* ACTIVITY
Examine the records and identify each line that includes the string "comes". Copy those lines.

* WORKING DATA
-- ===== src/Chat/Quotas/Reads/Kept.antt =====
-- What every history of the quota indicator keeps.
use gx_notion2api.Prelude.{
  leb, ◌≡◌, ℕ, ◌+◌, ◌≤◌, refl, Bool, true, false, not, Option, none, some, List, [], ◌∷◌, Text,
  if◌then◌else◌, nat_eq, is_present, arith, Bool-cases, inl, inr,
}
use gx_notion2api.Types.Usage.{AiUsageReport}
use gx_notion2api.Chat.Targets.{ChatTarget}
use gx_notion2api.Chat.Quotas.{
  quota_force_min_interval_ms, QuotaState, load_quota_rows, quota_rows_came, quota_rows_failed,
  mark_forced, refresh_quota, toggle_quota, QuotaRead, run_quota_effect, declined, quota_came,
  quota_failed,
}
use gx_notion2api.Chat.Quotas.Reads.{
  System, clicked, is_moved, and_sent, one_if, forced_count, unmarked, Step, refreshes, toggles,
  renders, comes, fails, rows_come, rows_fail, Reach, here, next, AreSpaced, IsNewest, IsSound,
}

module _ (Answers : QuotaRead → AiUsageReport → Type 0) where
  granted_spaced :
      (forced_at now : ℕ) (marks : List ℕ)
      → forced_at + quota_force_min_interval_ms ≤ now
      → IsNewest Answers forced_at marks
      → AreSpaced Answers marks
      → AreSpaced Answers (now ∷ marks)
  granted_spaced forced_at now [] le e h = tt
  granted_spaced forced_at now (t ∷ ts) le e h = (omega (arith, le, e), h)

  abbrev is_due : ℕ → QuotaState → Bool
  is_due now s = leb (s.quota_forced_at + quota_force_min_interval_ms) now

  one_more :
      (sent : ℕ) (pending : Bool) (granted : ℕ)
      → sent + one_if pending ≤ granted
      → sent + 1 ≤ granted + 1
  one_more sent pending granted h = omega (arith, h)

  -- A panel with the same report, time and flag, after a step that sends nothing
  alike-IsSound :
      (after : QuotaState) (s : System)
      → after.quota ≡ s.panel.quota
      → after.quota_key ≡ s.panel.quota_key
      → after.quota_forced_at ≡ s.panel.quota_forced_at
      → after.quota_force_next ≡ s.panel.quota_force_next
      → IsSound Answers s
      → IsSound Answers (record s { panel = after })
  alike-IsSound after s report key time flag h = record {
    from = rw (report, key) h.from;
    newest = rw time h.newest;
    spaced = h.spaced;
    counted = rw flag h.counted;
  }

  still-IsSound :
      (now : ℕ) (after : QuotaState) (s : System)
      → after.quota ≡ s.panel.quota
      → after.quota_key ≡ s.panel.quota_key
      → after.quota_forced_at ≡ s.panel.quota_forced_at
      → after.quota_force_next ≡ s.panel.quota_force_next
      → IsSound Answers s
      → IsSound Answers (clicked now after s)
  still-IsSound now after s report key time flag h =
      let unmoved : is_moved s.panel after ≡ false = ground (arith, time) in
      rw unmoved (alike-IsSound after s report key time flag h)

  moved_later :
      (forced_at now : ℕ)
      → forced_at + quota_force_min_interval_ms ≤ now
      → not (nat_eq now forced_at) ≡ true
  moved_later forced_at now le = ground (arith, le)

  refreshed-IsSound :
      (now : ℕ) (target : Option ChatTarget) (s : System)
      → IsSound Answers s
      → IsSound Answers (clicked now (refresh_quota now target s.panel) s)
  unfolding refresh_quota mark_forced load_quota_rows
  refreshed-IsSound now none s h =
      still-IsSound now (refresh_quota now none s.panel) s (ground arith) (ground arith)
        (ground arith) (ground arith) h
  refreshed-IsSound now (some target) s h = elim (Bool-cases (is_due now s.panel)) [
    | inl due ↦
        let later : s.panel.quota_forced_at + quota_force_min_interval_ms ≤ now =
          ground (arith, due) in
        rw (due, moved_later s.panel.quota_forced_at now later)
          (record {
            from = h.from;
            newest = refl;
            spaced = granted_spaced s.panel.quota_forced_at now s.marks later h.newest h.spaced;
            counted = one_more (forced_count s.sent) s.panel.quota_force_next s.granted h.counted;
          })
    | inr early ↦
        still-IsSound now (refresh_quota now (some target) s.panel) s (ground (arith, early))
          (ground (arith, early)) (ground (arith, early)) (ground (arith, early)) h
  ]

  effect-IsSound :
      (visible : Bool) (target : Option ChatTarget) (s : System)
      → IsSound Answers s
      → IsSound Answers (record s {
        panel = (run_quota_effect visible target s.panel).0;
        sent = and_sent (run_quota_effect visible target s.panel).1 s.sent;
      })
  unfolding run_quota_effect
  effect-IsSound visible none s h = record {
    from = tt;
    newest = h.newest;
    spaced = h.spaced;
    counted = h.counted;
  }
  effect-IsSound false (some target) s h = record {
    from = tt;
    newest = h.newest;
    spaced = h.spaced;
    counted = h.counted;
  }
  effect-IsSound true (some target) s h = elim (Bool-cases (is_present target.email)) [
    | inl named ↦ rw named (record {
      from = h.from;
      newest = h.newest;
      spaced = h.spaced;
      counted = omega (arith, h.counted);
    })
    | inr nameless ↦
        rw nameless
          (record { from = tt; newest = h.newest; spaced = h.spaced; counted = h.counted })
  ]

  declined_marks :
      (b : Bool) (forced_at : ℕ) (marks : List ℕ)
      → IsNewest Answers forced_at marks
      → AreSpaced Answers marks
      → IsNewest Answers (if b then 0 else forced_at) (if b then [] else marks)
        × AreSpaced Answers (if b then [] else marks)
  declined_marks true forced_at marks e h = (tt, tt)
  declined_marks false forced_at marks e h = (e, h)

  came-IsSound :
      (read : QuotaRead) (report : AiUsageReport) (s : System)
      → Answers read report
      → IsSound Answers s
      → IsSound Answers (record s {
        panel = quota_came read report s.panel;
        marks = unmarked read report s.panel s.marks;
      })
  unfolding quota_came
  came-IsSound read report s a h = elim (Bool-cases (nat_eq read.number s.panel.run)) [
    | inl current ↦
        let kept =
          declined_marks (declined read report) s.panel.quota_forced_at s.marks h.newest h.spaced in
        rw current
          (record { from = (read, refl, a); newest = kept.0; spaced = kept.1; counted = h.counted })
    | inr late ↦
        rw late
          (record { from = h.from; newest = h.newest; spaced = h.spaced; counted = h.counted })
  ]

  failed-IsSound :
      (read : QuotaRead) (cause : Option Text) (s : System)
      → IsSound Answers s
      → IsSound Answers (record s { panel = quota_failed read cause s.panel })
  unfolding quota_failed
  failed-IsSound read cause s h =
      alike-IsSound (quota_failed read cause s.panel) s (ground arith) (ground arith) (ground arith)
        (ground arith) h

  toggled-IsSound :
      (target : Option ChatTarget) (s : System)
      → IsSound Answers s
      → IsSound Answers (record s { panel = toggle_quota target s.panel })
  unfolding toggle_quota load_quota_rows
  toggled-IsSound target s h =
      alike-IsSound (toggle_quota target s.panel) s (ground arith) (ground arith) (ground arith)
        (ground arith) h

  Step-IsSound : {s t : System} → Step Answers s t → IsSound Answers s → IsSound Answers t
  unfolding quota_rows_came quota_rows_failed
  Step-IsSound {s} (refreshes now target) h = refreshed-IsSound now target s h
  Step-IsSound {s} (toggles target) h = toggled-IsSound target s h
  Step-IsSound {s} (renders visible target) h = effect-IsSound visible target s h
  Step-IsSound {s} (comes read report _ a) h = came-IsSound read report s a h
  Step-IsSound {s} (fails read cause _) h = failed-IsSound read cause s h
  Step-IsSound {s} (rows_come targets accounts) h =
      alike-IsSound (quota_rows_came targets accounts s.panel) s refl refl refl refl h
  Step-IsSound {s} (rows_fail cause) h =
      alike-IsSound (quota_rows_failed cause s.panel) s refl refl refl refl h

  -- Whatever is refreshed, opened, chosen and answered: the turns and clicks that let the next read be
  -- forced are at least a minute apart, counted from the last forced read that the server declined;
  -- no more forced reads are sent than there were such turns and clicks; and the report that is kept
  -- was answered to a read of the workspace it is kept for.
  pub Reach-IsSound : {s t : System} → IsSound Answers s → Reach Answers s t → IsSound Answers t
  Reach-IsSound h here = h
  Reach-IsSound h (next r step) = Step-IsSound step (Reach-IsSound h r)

* ANSWER BOX
  renders, comes, fails, rows_come, rows_fail, Reach, here, next, AreSpaced, IsNewest, IsSound,
  Step-IsSound {s} (comes read report _ a) h = came-IsSound read report s a h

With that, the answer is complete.